Wix’s Terms of Use make the position tolerably clear, though many users do not read them carefully. Wix does not claim ownership of user content: the text, images, videos and other materials that the user uploads remain the user’s intellectual property. However, the user grants Wix a broad licence to use that content for the purposes of providing and improving the service, including for training artificial intelligence and machine learning models. Critically, Wix’s templates, design elements and site components are expressly described in the terms as Wix proprietary materials which may not be used outside the Wix platform. The user retains ownership of content but not of the design structure in which that content is presented.

Account ownership on Wix is determined by reference to the email address listed in Wix’s records. Where a domain is connected to a Wix account and there is a conflict between billing details and domain registrant details, Wix may prioritise the domain’s registrant as the owner. This is an area where disputes can readily arise, particularly where a web designer or agency has set up the Wix account on behalf of a client.

GoDaddy: Template Code Stays with the Platform

GoDaddy’s Website Design Services Agreement is refreshingly explicit on one point: upon completion of a design project, GoDaddy agrees to transfer all rights and ownership of the design to the customer. However, the agreement immediately qualifies this by stating that software, third-party content and programs are never transferred, and that ownership and copyright of all templates and themes, including all applicable source code, remain with GoDaddy. Furthermore, the customer grants GoDaddy an unrestricted licence to display screenshots of the design in its marketing materials.

GoDaddy does not claim ownership of customer content, but the customer is solely responsible for backing up all data. Failure to maintain the subscription will result in termination of the website builder service. The domain name, however, is owned by the customer for as long as the annual renewal fee is paid – a distinction that many users fail to appreciate. The domain and the website are separate assets with separate ownership structures, even when purchased from the same provider.

Squarespace: You Own Content, Not the Platform

Squarespace’s terms follow a similar pattern. Its Terms of Service state unequivocally that the Services are owned by Squarespace and protected by copyright, trade secret, trademark and other laws. Users retain ownership of their content, and it is possible to migrate content to other platforms. However, the templates upon which Squarespace websites are built remain Squarespace’s intellectual property. The platform reserves the right to change, suspend or discontinue services, or to terminate access, at its sole discretion. Should Squarespace cease operations, all websites hosted on the platform would be affected, highlighting the importance of platform independence.

WordPress: The Open-Source Alternative

WordPress merits separate consideration because it operates on a fundamentally different model. The self-hosted WordPress software, available from WordPress.org, is open-source and licensed under the GNU General Public License (GPL). This means that the user owns every part of the website: the files, the content, the design and all associated data. The software can be installed on any compatible server, and the entire website can be migrated to a different hosting provider at any time without loss of functionality or design. The WordPress trademark is owned by the non-profit WordPress Foundation, ensuring the project remains freely available.

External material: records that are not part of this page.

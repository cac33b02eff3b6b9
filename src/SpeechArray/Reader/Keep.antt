-- ===== src/SpeechArray/Reader/Keep.antt =====
-- The end of `SpeechArrayRead` of speech/src/speecharray.c: parse, copy out, keep the rest.
use program_learning.Prelude.{
  take-front, drop-front, ℕ, zero, suc, ◌+◌, ◌-◌, ◌*◌, ◌/◌, ◌≤◌, ◌≡◌, refl, sym, ap, ◌∙◌, false,
  some, List, ◌++◌, arith, ltb, ◌==◌, length, take, drop, replicate, length-append, length-take,
  length-drop, length-replicate, append_assoc, drop-add, subst,
}
use program_learning.Prelude.Int.{pos}
use program_learning.SpeechArray.{parse_data_int32}
use program_learning.SpeechArray.Format.{samples}
use program_learning.SpeechArray.Parse.{parse_data_int32-samples}
use program_learning.SpeechArray.Reader.{
  Handle, words_of, copy_in, copy_down, keep_rest, parse_size, deliver, finish,
}

pub words_of-times : (n : ℕ) → words_of (4 * n) ≡ some n
words_of-times n = ground arith

pub copy_in-lem :
    (buffer ws : List ℕ) (i : ℕ)
    → i + length ws ≤ length buffer
    → copy_in buffer (4 * i) ws ≡ some (take i buffer ++ ws ++ drop (i + length ws) buffer)
copy_in-lem buffer ws i h = rw (words_of-times i, fits)
  where
    fits : ltb (length buffer) (i + length ws) ≡ false
    fits = ground arith

copy_down-lem :
    (buffer : List ℕ) (i k : ℕ)
    → k ≤ i
    → i + k ≤ length buffer
    → copy_down buffer (4 * i) (4 * k) ≡ some (take k (drop i buffer) ++ drop k buffer)
copy_down-lem buffer i k apart h =
    rw (words_of-times i, words_of-times k, distinct, fits)
      (copy_in-lem buffer (take k (drop i buffer)) 0 (omega (arith, long))
        ∙ ap (λ j. some (take k (drop i buffer) ++ drop j buffer)) {y = k} (omega (arith, long)))
  where
    distinct : ltb i k ≡ false
    distinct = ground arith

    fits : ltb (length buffer) (i + k) ≡ false
    fits = ground arith

    long : length (take k (drop i buffer)) ≡ k
    long = omega (arith, length-take k (drop i buffer), length-drop i buffer)

-- The rest of the stream moves to the front of a buffer of `q` words, with zeros behind it.
pub keep_rest-lem :
    (q : ℕ) (buffer : List ℕ) (i k z : ℕ)
    → length buffer ≡ q
    → k ≤ i
    → i + k ≤ q
    → k + z ≤ q
    → (b : List ℕ) × (keep_rest buffer (4 * i) (4 * k) (4 * z) ≡ some b)
      × (take k b ≡ take k (drop i buffer))
      × (length b ≡ q)
unfolding keep_rest
keep_rest-lem q buffer i zero z e apart l m = (buffer, refl, refl, e)
keep_rest-lem q buffer i (suc k) z e apart l m = (
  take (suc k) moved ++ (zeros ++ drop (suc k + length zeros) moved),
  runs,
  take-front (take (suc k) moved) (zeros ++ drop (suc k + length zeros) moved) (suc k)
        (omega (arith, length-take (suc k) moved, length-moved))
      ∙ take-front front (drop (suc k) buffer) (suc k) (sym length-front),
  omega (
    arith,
    length-append {0} (take (suc k) moved) (zeros ++ drop (suc k + length zeros) moved),
    length-append {0} zeros (drop (suc k + length zeros) moved),
    length-drop (suc k + length zeros) moved,
    length-take (suc k) moved,
    length-moved,
    length-zeros,
  ),
)
  where
    front : List ℕ
    front = take (suc k) (drop i buffer)

    moved : List ℕ
    moved = front ++ drop (suc k) buffer

    zeros : List ℕ
    zeros = replicate z 0

    length-front : length front ≡ suc k
    length-front = omega (arith, length-take (suc k) (drop i buffer), length-drop i buffer)

    length-moved : length moved ≡ q
    length-moved = omega (
      arith,
      length-append {0} front (drop (suc k) buffer),
      length-front,
      length-drop (suc k) buffer,
    )

    length-zeros : length zeros ≡ z
    length-zeros = length-replicate {A = ℕ} z 0

    some_left : (4 * suc k == 0) ≡ false
    some_left = ground arith

    runs :
        keep_rest buffer (4 * i) (4 * suc k) (4 * z)
        ≡ some (take (suc k) moved ++ (zeros ++ drop (suc k + length zeros) moved))
    runs =
        rw (some_left, copy_down-lem buffer i (suc k) apart (omega arith), words_of-times z)
          (copy_in-lem moved zeros (suc k) (omega (arith, length-moved, length-zeros))
            ∙ ap some (append_assoc (take (suc k) moved) zeros (drop (suc k + length zeros) moved)))

-- Parsing whole words, and what that leaves.
pub parse_data_int32-words :
    (mem : List ℕ) (n : ℕ)
    → 12 ≤ n
    → n / 12 * 12 + 11 ≤ length mem
    → let out = samples 0 (n / 12 * 12) mem in
      (parse_data_int32 mem (4 * n) ≡ some (out ++ drop (length out) mem, pos (4 * length out)))
      × (4 * length out ≤ n)
parse_data_int32-words mem n l room = (both.0, omega (arith, both.1))
  where
    both :
        (parse_data_int32 mem (4 * n)
          ≡ some (
            samples 0 (n / 12 * 12) mem ++ drop (length (samples 0 (n / 12 * 12) mem)) mem,
            pos (4 * length (samples 0 (n / 12 * 12) mem)),
          ))
        × (4 * (4 * length (samples 0 (n / 12 * 12) mem)) ≤ 4 * n)
    both =
        subst
          (λ k.
            (parse_data_int32 mem (4 * n)
              ≡ some (
                samples 0 k mem ++ drop (length (samples 0 k mem)) mem,
                pos (4 * length (samples 0 k mem)),
              ))
            × (4 * (4 * length (samples 0 k mem)) ≤ 4 * n))
          {x = 4 * n / 48 * 12} (omega arith)
          (parse_data_int32-samples mem (4 * n) (omega arith) (omega arith))

pub drop-over :
    (out mem : List ℕ) (n : ℕ) → length out ≤ n → drop n (out ++ drop (length out) mem) ≡ drop n mem
drop-over out mem n short =
    ap (λ k. drop k (out ++ drop (length out) mem)) {y = length out + (n - length out)}
      (omega arith)
    ∙ drop-add (length out) (n - length out) (out ++ drop (length out) mem)
    ∙ ap (drop (n - length out)) (drop-front out (drop (length out) mem) (length out) refl)
    ∙ sym (drop-add (length out) (n - length out) mem)
    ∙ ap (λ k. drop k mem) (omega arith)

pub length-over :
    (out mem : List ℕ)
    → length out ≤ length mem
    → length (out ++ drop (length out) mem) ≡ length mem
length-over out mem short =
    omega (arith, length-append {0} out (drop (length out) mem), length-drop (length out) mem)

module _ (h : Handle) (q : ℕ) (whole : h.buff_size ≡ 4 * q) where
  -- The last part of the loop, with `v` words in the buffer and `n` words to parse.
  pub finish-lem :
      (mem : List ℕ) (n v : ℕ)
      → length mem ≡ q
      → 12 ≤ n
      → n ≤ v
      → v ≤ q
      → v ≤ n + n
      → n / 12 * 12 + 11 ≤ q
      → let out = samples 0 (n / 12 * 12) mem in
        (b : List ℕ) × (finish h n mem (4 * v)
          ≡ some (record {
            ret = 4 * length out;
            buff = out;
            handle = record h { buffer = b; data_size = 4 * (v - n) };
          }))
        × (take (v - n) b ≡ take (v - n) (drop n mem))
        × (length b ≡ q)
  unfolding finish deliver
  finish-lem mem n v e l m r apart slack =
      let (b, runs, front, same) =
        keep_rest-lem q parsed n (v - n) (q - (v - n)) length-parsed (omega (arith, apart))
          (omega arith) (omega arith) in
      (
        b,
        ap (deliver h mem (4 * v)) size
            ∙ rw (parses.0, words_of-times (length out), left, cleared, runs, taken),
        front ∙ ap (take (v - n)) behind,
        same,
      )
    where
      out : List ℕ
      out = samples 0 (n / 12 * 12) mem

      parsed : List ℕ
      parsed = out ++ drop (length out) mem

      size : parse_size n (4 * v) ≡ 4 * n
      size = ground arith

      left : 4 * v - 4 * n ≡ 4 * (v - n)
      left = omega arith

      cleared : h.buff_size - 4 * (v - n) ≡ 4 * (q - (v - n))
      cleared = omega (arith, whole)

      taken : take (length out) parsed ≡ out
      taken = take-front out (drop (length out) mem) (length out) refl

      parses :
          (parse_data_int32 mem (4 * n) ≡ some (parsed, pos (4 * length out)))
          × (4 * length out ≤ n)
      parses = parse_data_int32-words mem n l (omega (arith, e))

      length-parsed : length parsed ≡ q
      length-parsed = length-over out mem (omega (arith, parses.1, e)) ∙ e

      behind : drop n parsed ≡ drop n mem
      behind = drop-over out mem n (omega (arith, parses.1))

The important distinction, however, is between WordPress.org (the self-hosted, open-source software) and WordPress.com (a commercial hosting service operated by Automattic Inc.). On WordPress.com, the user owns the content but the platform controls the hosting, the features available, and the rules that must be followed. In this respect, WordPress.com has more in common with Wix and Squarespace than with its open-source sibling. Business owners who wish to maximise their ownership and control would be well advised to use the self-hosted WordPress.org software with an independent hosting provider.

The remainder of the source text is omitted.